Collected data
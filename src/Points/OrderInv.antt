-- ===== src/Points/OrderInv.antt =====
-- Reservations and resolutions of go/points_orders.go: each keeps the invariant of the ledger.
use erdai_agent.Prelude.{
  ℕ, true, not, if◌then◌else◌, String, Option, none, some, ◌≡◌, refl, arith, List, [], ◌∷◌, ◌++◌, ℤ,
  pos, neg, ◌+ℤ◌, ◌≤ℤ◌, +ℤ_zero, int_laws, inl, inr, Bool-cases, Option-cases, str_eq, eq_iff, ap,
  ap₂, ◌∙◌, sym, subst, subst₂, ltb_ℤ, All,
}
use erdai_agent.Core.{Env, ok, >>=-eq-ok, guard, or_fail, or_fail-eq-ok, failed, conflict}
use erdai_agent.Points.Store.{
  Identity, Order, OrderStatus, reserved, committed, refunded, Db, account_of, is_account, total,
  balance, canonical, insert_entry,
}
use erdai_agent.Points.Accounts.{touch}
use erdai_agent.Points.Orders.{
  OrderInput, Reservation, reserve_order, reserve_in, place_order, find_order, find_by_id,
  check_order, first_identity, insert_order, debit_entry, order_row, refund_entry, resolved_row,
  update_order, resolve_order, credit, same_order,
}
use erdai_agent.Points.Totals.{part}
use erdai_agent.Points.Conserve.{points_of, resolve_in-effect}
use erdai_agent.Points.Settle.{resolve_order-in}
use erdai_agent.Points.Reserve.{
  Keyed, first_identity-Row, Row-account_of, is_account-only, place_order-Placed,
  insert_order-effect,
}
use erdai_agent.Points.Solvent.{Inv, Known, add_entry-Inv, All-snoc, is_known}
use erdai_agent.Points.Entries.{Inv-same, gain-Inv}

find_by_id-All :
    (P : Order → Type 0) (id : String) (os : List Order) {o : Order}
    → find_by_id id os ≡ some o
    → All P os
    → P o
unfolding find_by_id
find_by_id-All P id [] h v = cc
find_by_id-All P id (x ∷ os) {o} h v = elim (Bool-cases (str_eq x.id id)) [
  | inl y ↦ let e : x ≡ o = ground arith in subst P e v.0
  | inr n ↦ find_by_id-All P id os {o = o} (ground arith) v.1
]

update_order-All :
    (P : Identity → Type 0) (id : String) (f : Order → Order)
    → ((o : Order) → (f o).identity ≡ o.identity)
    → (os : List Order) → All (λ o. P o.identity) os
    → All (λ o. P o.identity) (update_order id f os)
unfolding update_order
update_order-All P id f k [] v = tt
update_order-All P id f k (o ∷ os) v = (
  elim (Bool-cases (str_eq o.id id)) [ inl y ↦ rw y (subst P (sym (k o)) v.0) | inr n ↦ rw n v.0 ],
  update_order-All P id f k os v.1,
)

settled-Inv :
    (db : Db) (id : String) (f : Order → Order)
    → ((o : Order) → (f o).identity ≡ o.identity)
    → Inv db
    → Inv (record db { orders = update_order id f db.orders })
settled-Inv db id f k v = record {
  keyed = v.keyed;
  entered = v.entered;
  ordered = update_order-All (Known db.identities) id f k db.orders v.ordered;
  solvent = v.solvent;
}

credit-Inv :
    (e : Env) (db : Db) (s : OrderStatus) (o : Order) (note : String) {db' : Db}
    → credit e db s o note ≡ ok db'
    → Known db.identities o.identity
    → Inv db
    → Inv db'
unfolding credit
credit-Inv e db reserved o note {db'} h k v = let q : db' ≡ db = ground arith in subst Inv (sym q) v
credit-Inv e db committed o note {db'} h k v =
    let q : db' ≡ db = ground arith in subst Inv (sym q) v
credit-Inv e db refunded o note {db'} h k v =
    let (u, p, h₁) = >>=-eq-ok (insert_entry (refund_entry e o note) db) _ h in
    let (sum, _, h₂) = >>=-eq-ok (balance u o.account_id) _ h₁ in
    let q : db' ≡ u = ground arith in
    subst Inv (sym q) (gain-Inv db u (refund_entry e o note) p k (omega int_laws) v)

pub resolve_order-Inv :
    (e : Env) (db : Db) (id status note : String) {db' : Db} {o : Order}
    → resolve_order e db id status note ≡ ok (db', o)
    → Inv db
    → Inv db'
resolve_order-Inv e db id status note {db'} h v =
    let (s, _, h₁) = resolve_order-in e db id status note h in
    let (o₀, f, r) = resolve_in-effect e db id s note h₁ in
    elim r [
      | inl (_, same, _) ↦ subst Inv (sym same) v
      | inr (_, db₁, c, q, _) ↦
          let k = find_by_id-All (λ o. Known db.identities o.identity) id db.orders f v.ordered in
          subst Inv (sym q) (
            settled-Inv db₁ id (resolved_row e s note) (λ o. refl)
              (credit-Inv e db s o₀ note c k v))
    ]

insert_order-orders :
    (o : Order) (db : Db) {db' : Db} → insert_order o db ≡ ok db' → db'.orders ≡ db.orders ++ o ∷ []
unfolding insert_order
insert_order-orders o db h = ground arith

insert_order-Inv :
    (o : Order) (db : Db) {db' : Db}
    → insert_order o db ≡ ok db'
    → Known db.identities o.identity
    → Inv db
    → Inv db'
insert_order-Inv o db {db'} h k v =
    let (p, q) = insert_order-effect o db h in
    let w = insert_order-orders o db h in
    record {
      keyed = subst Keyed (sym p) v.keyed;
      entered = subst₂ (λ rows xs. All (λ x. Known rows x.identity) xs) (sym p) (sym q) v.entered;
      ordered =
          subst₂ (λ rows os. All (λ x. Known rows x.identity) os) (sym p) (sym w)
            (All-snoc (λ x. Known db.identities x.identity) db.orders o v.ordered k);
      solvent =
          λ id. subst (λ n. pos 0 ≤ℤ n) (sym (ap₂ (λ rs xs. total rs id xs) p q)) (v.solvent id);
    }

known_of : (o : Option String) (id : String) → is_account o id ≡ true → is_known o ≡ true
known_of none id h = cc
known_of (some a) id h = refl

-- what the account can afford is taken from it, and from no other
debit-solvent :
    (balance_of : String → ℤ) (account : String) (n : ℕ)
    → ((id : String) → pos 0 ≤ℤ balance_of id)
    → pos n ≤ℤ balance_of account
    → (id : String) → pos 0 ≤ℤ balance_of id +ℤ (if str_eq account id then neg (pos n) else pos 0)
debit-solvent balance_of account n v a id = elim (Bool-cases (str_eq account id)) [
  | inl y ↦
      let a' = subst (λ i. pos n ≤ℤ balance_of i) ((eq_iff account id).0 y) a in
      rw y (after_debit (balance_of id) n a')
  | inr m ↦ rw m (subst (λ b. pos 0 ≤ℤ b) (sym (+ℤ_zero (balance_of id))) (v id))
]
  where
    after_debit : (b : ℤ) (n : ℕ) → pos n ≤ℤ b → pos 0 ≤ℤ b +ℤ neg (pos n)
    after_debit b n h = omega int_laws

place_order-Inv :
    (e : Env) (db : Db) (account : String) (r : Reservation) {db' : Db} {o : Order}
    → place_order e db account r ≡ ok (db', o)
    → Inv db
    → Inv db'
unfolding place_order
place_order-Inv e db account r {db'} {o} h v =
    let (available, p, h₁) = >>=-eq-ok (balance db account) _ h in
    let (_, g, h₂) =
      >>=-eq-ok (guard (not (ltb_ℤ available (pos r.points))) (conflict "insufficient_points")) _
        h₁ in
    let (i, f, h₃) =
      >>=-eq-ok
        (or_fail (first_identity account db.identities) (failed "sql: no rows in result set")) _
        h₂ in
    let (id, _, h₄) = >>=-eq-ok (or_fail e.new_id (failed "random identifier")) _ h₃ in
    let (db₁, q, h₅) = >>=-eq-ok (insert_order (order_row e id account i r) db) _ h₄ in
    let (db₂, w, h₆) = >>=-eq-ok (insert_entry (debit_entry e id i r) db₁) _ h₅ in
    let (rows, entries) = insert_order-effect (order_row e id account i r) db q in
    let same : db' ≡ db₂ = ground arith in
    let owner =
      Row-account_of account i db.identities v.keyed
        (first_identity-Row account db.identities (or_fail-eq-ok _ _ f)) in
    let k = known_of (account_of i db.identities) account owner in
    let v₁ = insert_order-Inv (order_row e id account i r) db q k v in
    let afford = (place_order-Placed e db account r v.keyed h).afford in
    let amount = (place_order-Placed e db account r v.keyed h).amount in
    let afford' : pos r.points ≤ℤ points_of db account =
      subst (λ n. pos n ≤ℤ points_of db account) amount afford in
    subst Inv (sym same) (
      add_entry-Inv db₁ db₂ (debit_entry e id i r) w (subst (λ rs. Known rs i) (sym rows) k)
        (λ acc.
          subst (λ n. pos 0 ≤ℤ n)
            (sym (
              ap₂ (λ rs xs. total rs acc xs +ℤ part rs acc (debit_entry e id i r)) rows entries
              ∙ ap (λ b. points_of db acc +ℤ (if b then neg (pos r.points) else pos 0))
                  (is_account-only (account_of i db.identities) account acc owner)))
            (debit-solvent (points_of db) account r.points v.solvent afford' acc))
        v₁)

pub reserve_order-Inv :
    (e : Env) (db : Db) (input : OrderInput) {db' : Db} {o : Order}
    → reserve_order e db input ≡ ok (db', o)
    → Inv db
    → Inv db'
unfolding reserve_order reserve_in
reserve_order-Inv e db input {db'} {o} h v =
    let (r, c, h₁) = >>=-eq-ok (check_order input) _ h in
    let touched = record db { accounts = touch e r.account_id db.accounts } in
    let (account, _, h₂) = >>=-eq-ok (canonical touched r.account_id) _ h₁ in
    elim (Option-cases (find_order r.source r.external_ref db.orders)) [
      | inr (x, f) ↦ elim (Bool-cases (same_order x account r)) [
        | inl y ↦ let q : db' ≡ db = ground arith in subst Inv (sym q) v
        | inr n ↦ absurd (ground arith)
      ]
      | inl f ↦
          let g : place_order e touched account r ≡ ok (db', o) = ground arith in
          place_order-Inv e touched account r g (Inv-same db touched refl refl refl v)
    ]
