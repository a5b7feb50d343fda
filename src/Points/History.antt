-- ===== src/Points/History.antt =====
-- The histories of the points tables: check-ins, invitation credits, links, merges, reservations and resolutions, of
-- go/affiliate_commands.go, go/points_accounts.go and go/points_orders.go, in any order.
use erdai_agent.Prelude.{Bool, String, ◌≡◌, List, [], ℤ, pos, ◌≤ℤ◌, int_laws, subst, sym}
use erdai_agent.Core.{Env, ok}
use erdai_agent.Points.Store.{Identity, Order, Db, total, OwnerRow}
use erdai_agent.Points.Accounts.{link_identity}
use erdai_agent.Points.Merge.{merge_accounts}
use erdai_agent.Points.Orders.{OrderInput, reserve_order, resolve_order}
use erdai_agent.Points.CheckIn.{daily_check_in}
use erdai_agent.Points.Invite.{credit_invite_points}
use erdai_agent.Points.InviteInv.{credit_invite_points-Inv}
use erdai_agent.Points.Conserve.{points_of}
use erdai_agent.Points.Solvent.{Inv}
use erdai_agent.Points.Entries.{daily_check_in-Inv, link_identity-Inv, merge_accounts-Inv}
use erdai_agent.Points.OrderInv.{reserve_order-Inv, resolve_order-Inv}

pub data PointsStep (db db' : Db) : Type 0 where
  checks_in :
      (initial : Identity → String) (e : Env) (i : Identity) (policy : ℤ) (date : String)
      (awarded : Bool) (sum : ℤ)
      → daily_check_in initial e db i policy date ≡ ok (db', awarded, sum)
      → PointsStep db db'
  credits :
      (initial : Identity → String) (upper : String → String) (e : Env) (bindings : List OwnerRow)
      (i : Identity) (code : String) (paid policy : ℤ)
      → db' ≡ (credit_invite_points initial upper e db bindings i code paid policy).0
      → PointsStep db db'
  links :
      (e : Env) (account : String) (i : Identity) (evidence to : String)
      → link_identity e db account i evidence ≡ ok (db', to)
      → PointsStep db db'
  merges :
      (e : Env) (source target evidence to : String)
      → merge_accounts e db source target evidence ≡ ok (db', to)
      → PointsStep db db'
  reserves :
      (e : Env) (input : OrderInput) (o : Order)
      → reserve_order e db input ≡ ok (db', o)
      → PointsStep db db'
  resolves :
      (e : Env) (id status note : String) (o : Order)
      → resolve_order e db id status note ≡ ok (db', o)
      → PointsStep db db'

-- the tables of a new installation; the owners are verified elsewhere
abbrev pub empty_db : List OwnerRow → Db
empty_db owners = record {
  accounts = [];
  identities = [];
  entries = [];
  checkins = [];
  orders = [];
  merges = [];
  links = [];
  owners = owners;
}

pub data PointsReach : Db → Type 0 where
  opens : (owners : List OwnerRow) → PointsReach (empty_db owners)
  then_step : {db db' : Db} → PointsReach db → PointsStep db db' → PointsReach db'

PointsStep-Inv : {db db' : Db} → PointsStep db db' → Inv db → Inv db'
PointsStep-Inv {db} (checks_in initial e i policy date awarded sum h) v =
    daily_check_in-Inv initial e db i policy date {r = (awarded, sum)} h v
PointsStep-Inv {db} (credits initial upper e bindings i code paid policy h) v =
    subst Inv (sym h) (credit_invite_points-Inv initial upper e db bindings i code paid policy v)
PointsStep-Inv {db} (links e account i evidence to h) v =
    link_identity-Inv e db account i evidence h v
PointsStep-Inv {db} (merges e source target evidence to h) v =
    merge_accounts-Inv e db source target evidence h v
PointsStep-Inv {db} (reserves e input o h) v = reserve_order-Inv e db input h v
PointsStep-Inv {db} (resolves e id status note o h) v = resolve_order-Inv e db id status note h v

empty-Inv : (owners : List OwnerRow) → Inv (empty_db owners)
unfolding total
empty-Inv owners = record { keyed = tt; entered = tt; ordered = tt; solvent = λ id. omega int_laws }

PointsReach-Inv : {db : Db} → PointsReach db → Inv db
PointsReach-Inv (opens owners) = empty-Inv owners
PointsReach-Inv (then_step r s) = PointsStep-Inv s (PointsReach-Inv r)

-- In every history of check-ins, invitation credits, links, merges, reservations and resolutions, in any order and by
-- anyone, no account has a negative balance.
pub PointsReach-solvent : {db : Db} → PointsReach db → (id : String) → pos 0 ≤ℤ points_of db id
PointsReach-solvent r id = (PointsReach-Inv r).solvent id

● Problem to solve
The exercise is to copy out every line above that has the word "resolutions" in it.

● Solution
-- Reservations and resolutions of go/points_orders.go: each keeps the invariant of the ledger.
-- The histories of the points tables: check-ins, invitation credits, links, merges, reservations and resolutions, of
-- In every history of check-ins, invitation credits, links, merges, reservations and resolutions, in any order and by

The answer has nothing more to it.